Problem details -
Within the material below, tally every line that holds the word "What", then give the tally and nothing more.

Input -
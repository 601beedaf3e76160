-- ===== src/Ledger.antt =====
-- The ledger that the database and the cache stand for: the receivers of each shard, in the order
-- of their indices, and the senders. `Stores` and `Holds` say that tables and a cache agree with it.
pub mod Reads
pub mod Growth
use manta_indexer.Prelude.{
  ℕ, ◌≤◌, ◌<◌, ◌%◌, ◌^◌, ◌≡◌, List, [], map, some, length, filter, numbered, get_elem?,
}
use manta_indexer.External.{Bytes, Shard, Nullifier, External}
use manta_indexer.Types.{Receiver, Sender}
use manta_indexer.Store.{Tables, World}
use manta_indexer.Db.{in_shard}
use manta_indexer.Cache.Keys.{receiver_key, sender_key}
use manta_indexer.Cache.Laws.{Entries}

module _ (e : External) where
  pub record Ledger : Type 0 where
    pub shard : ℕ → List (Receiver e)
    pub senders : List (Sender e)

  abbrev pub shard_row : ℕ → ℕ × Receiver e → Shard
  shard_row s (u, (utxo, note)) = record {
    shard_index = s;
    utxo_index = u;
    utxo = e.utxo.encode utxo;
    full_incoming_note = e.note.encode note;
  }

  abbrev pub nullifier_row : ℕ × Sender e → Nullifier
  nullifier_row (u, (nc, on)) = record {
    idx = u;
    nullifier_commitment = e.commitment.encode nc;
    outgoing_note = e.outgoing.encode on;
  }

  -- The tables hold the ledger: no gap, no row twice, each row at its index.
  pub record Stores (t : Tables) (l : Ledger) : Type 0 where
    pub shards : (s : ℕ) → filter (in_shard s) t.shards ≡ map (shard_row s) (numbered 0 (l.shard s))
    pub nullifiers : t.nullifier ≡ map nullifier_row (numbered 0 l.senders)

  -- What the cache may hold under a key: the element of the ledger that the key stands for.
  pub record Held (l : Ledger) (k : ℕ) (v : Bytes) : Type 0 where
    pub of_receiver :
        (s u : ℕ)
        → s < 256
        → k ≡ receiver_key s u
        → (x : Receiver e) × (get_elem? (l.shard s) (u % 2 ^ 48) ≡ some x)
          × (v ≡ e.receiver.encode x)
    pub of_sender :
        (u : ℕ)
        → k ≡ sender_key u
        → (x : Sender e) × (get_elem? l.senders (u % 2 ^ 48) ≡ some x) × (v ≡ e.sender.encode x)

  abbrev pub Holds : e.lru.Cache → Ledger → Type 0
  Holds c l = Entries e.lru (Held l) c

  -- The indices fit the keys of the cache, and the count of the senders fits its `u32`.
  pub record Fits (l : Ledger) : Type 0 where
    pub shards_fit : (s : ℕ) → length (l.shard s) ≤ 2 ^ 48
    pub senders_fit : length l.senders < 2 ^ 32

  -- No statement to come fails, and tables and cache agree with the ledger.
  pub record Serves (w : World e) (l : Ledger) : Type 0 where
    pub calm : w.faults ≡ []
    pub stores : Stores w.tables l
    pub holds : Holds w.cache l
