-- ===== src/Pull/Plan.antt =====
-- What `pull_receivers` (src/indexer/pull.rs) should give, as a function of the ledger alone: shard
-- by shard, as much as is left of the amount from each index on.
use manta_indexer.Prelude.{
  ℕ, zero, suc, ◌+◌, ◌-◌, ◌≤◌, ◌≡◌, refl, ap, ap₂, ◌∙◌, Bool, true, false, List, [], ◌∷◌, ◌++◌,
  append-nil, arith, length, take, drop, ltb, ◌==◌, if◌then◌else◌, set, length-append, length-take,
  length-drop,
}
use manta_indexer.External.{External}
use manta_indexer.Types.{Receiver, ReceiverIndexArray}
use manta_indexer.Ledger.{Ledger}

pub take-drop_end {ℓ} :
    {A : Type ℓ} (k i : ℕ) (xs : List A) → ltb i (length xs) ≡ false → take k (drop i xs) ≡ []
take-drop_end zero i xs h = refl
take-drop_end (suc k) zero [] h = refl
take-drop_end (suc k) (suc i) [] h = refl
take-drop_end (suc k) zero (x ∷ xs) h = absurd (ground (arith, h))
take-drop_end (suc k) (suc i) (x ∷ xs) h = take-drop_end (suc k) i xs (ground (arith, h))

module _ (e : External) (l : Ledger e) where
  abbrev pub chunk : ℕ → ℕ → ℕ → List (Receiver e)
  chunk remain s i = take remain (drop i (l.shard s))

  -- The receivers of the shards from `s` on.
  unfoldable pub takes : ℕ → ℕ → List ℕ → List (Receiver e)
  takes remain s [] = []
  takes remain s (i ∷ is) =
      chunk remain s i ++ takes (remain - length (chunk remain s i)) (s + 1) is

  -- Where each shard's index stands then.
  unfoldable pub cursors : ℕ → ℕ → ReceiverIndexArray → ReceiverIndexArray
  cursors remain s [] = []
  cursors remain s (i ∷ is) =
      (i + length (chunk remain s i)) ∷ cursors (remain - length (chunk remain s i)) (s + 1) is

  -- Whether the shard that used up the amount goes on.
  unfoldable pub cut_short : ℕ → ℕ → List ℕ → Bool
  cut_short remain s [] = false
  cut_short remain s (i ∷ is) =
      let rest = cut_short (remain - length (chunk remain s i)) (s + 1) is in
      if ltb i (length (l.shard s))
      then (if length (chunk remain s i) == remain
          then ltb (i + remain) (length (l.shard s))
          else rest)
      else rest

  pub takes_zero : (s : ℕ) (is : List ℕ) → takes 0 s is ≡ []
  unfolding takes
  takes_zero s [] = refl
  takes_zero s (i ∷ is) = takes_zero (s + 1) is

  pub cursors_zero : (s : ℕ) (is : List ℕ) → cursors 0 s is ≡ is
  unfolding cursors
  cursors_zero s [] = refl
  cursors_zero s (i ∷ is) = ap₂ ◌∷◌ (omega arith) (cursors_zero (s + 1) is)

  pub length-takes : (k s : ℕ) (is : List ℕ) → length (takes k s is) ≤ k
  unfolding takes
  length-takes k s [] = omega arith
  length-takes k s (i ∷ is) = omega (
    arith,
    length-append (chunk k s i) (takes (k - length (chunk k s i)) (s + 1) is),
    length-takes (k - length (chunk k s i)) (s + 1) is,
    length-take k (drop i (l.shard s)),
  )

module _ (e : External) (l : Ledger e) (k s i : ℕ) (is : List ℕ) where
  module _ (absent : ltb i (length (l.shard s)) ≡ false) where
    none_left : length (chunk e l k s i) ≡ 0
    none_left = ap length (take-drop_end k i (l.shard s) absent)

    all_left : k - length (chunk e l k s i) ≡ k
    all_left = omega (arith, none_left)

    pub takes_skip : takes e l k s (i ∷ is) ≡ takes e l k (s + 1) is
    unfolding takes
    takes_skip =
        ap₂ ◌++◌ (take-drop_end k i (l.shard s) absent) (ap (λ r. takes e l r (s + 1) is) all_left)

    pub cursors_skip : cursors e l k s (i ∷ is) ≡ i ∷ cursors e l k (s + 1) is
    unfolding cursors
    cursors_skip = ap₂ ◌∷◌ (omega (arith, none_left)) (ap (λ r. cursors e l r (s + 1) is) all_left)

    pub cut_short_skip : cut_short e l k s (i ∷ is) ≡ cut_short e l k (s + 1) is
    unfolding cut_short
    cut_short_skip = rw absent (ap (λ r. cut_short e l r (s + 1) is) all_left)

  module _ (present : ltb i (length (l.shard s)) ≡ true) where
    module _ (full : length (chunk e l k s i) ≡ k) where
      used_up : k - length (chunk e l k s i) ≡ 0
      used_up = omega (arith, full)

      pub takes_full : takes e l k s (i ∷ is) ≡ chunk e l k s i
      unfolding takes
      takes_full =
          ap (λ r. chunk e l k s i ++ takes e l r (s + 1) is) used_up
          ∙ ap (λ r. chunk e l k s i ++ r) (takes_zero e l (s + 1) is)
          ∙ append-nil (chunk e l k s i)

      pub cursors_full : cursors e l k s (i ∷ is) ≡ (i + k) ∷ is
      unfolding cursors
      cursors_full =
          ap₂ ◌∷◌ (ap (λ n. i + n) full)
            (ap (λ r. cursors e l r (s + 1) is) used_up ∙ cursors_zero e l (s + 1) is)

      pub cut_short_full : cut_short e l k s (i ∷ is) ≡ ltb (i + k) (length (l.shard s))
      unfolding cut_short
      cut_short_full = ground (arith, full, present)

    pub cut_short_go :
        (length (chunk e l k s i) == k) ≡ false
        → cut_short e l k s (i ∷ is) ≡ cut_short e l (k - length (chunk e l k s i)) (s + 1) is
    unfolding cut_short
    cut_short_go part = ground (arith, part, present)

    -- A shard that gives less than was asked for has no more.
    pub spent : (length (chunk e l k s i) == k) ≡ false → ltb (i + k) (length (l.shard s)) ≡ false
    spent part = ground (arith, part, length-take k (drop i (l.shard s)), length-drop i (l.shard s))

pub set-append :
    (pre : List ℕ) (x v : ℕ) (xs : List ℕ) → set (pre ++ x ∷ xs) (length pre) v ≡ pre ++ v ∷ xs
set-append [] x v xs = refl
set-append (p ∷ pre) x v xs = ap (λ r. p ∷ r) (set-append pre x v xs)

pub take-all {ℓ} : {A : Type ℓ} (k : ℕ) (xs : List A) → length xs ≤ k → take k xs ≡ xs
take-all zero [] h = refl
take-all zero (x ∷ xs) h = absurd (omega arith)
take-all (suc k) [] h = refl
take-all (suc k) (x ∷ xs) h = ap (λ r. x ∷ r) (take-all k xs (omega arith))
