-- ===== src/Client/Counts.antt =====
-- Counting the receivers of a response by their shards gives how far the plan of the pull moved.
use manta_indexer.Prelude.{
  ℕ, zero, suc, ◌+◌, ◌-◌, ◌<◌, ◌≡◌, ◌≢◌, refl, ap₂, ◌∙◌, false, some, List, [], ◌∷◌, ◌++◌, arith,
  length, filter, filter-append, get_or, All, All-append, All-take, All-drop, All-zip,
  filter_accepts, filter_rejects, length-append, ◌==◌,
}
use manta_indexer.External.{External}
use manta_indexer.Types.{Receiver}
use manta_indexer.Ledger.{Ledger}
use manta_indexer.Pull.Plan.{chunk, takes, cursors}
use manta_indexer.Sync.Entries.{belongs, stray}

module _ (e : External) (l : Ledger e) where
  -- Every receiver is in the shard that the Merkle forest gives it.
  abbrev pub InPlace : Type 0
  InPlace = (s : ℕ) → All (λ (r : Receiver e). e.tree_index r.0 ≡ some s) (l.shard s)

  module _ (in_place : InPlace) where
    chunk-InPlace :
        (k s i : ℕ) → All (λ (r : Receiver e). e.tree_index r.0 ≡ some s) (chunk e l k s i)
    chunk-InPlace k s i = All-take _ k _ (All-drop _ i (l.shard s) (in_place s))

    as_found : (s t : ℕ) (r : Receiver e) → e.tree_index r.0 ≡ some s → belongs e t r ≡ (s == t)
    as_found s t r q = rw (belongs, q) refl

    not_stray : (s : ℕ) (r : Receiver e) → e.tree_index r.0 ≡ some s → stray e r ≡ false
    not_stray s r q = rw (stray, q) refl

    chunk-belongs : (k s i : ℕ) → filter (belongs e s) (chunk e l k s i) ≡ chunk e l k s i
    chunk-belongs k s i = filter_accepts (belongs e s) (chunk e l k s i) (
        All-zip (λ r q _. as_found s s r q ∙ ground arith) (chunk e l k s i) (chunk-InPlace k s i)
          (chunk-InPlace k s i))

    chunk-other : (k s i t : ℕ) → s ≢ t → filter (belongs e t) (chunk e l k s i) ≡ []
    chunk-other k s i t other = filter_rejects (belongs e t) (chunk e l k s i) (
        All-zip (λ r q _. as_found s t r q ∙ ground (arith, other)) (chunk e l k s i)
          (chunk-InPlace k s i) (chunk-InPlace k s i))

    -- The shards from `s` on give nothing that belongs before them.
    takes-before : (k s t : ℕ) (is : List ℕ) → t < s → filter (belongs e t) (takes e l k s is) ≡ []
    unfolding takes
    takes-before k s t [] before = refl
    takes-before k s t (i ∷ is) before =
        let r = k - length (chunk e l k s i) in
        filter-append (belongs e t) (chunk e l k s i) (takes e l r (s + 1) is)
        ∙ ap₂ ◌++◌ (chunk-other k s i t (λ q. omega (arith, q, before)))
            (takes-before r (s + 1) t is (omega (arith, before)))

    -- An index moves by the number of receivers that belong to its shard.
    pub cursors-count :
        (k s j : ℕ) (is : List ℕ)
        → j < length is
        → get_or (cursors e l k s is) j 0
          ≡ get_or is j 0 + length (filter (belongs e (s + j)) (takes e l k s is))
    unfolding takes cursors
    cursors-count k s j [] lt = absurd (omega arith)
    cursors-count k s zero (i ∷ is) lt =
        let r = k - length (chunk e l k s i) in
        let here : s + zero ≡ s = omega arith in
        rw
          (
            here,
            filter-append (belongs e s) (chunk e l k s i) (takes e l r (s + 1) is),
            chunk-belongs k s i,
            takes-before r (s + 1) s is (omega arith),
          )
          (omega (arith, length-append (chunk e l k s i) []))
    cursors-count k s (suc j) (i ∷ is) lt =
        let r = k - length (chunk e l k s i) in
        let here : s + suc j ≡ s + 1 + j = omega arith in
        rw
          (
            here,
            filter-append (belongs e (s + 1 + j)) (chunk e l k s i) (takes e l r (s + 1) is),
            chunk-other k s i (s + 1 + j) (λ q. omega (arith, q)),
          )
          (cursors-count r (s + 1) j is (omega (arith, lt)))

    pub takes-InPlace :
        (k s : ℕ) (is : List ℕ) → All (λ (r : Receiver e). stray e r ≡ false) (takes e l k s is)
    unfolding takes
    takes-InPlace k s [] = tt
    takes-InPlace k s (i ∷ is) =
        let r = k - length (chunk e l k s i) in
        All-append _ (chunk e l k s i) (takes e l r (s + 1) is)
          (All-zip (λ x q _. not_stray s x q) (chunk e l k s i) (chunk-InPlace k s i)
            (chunk-InPlace k s i))
          (takes-InPlace r (s + 1) is)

Final answer -
2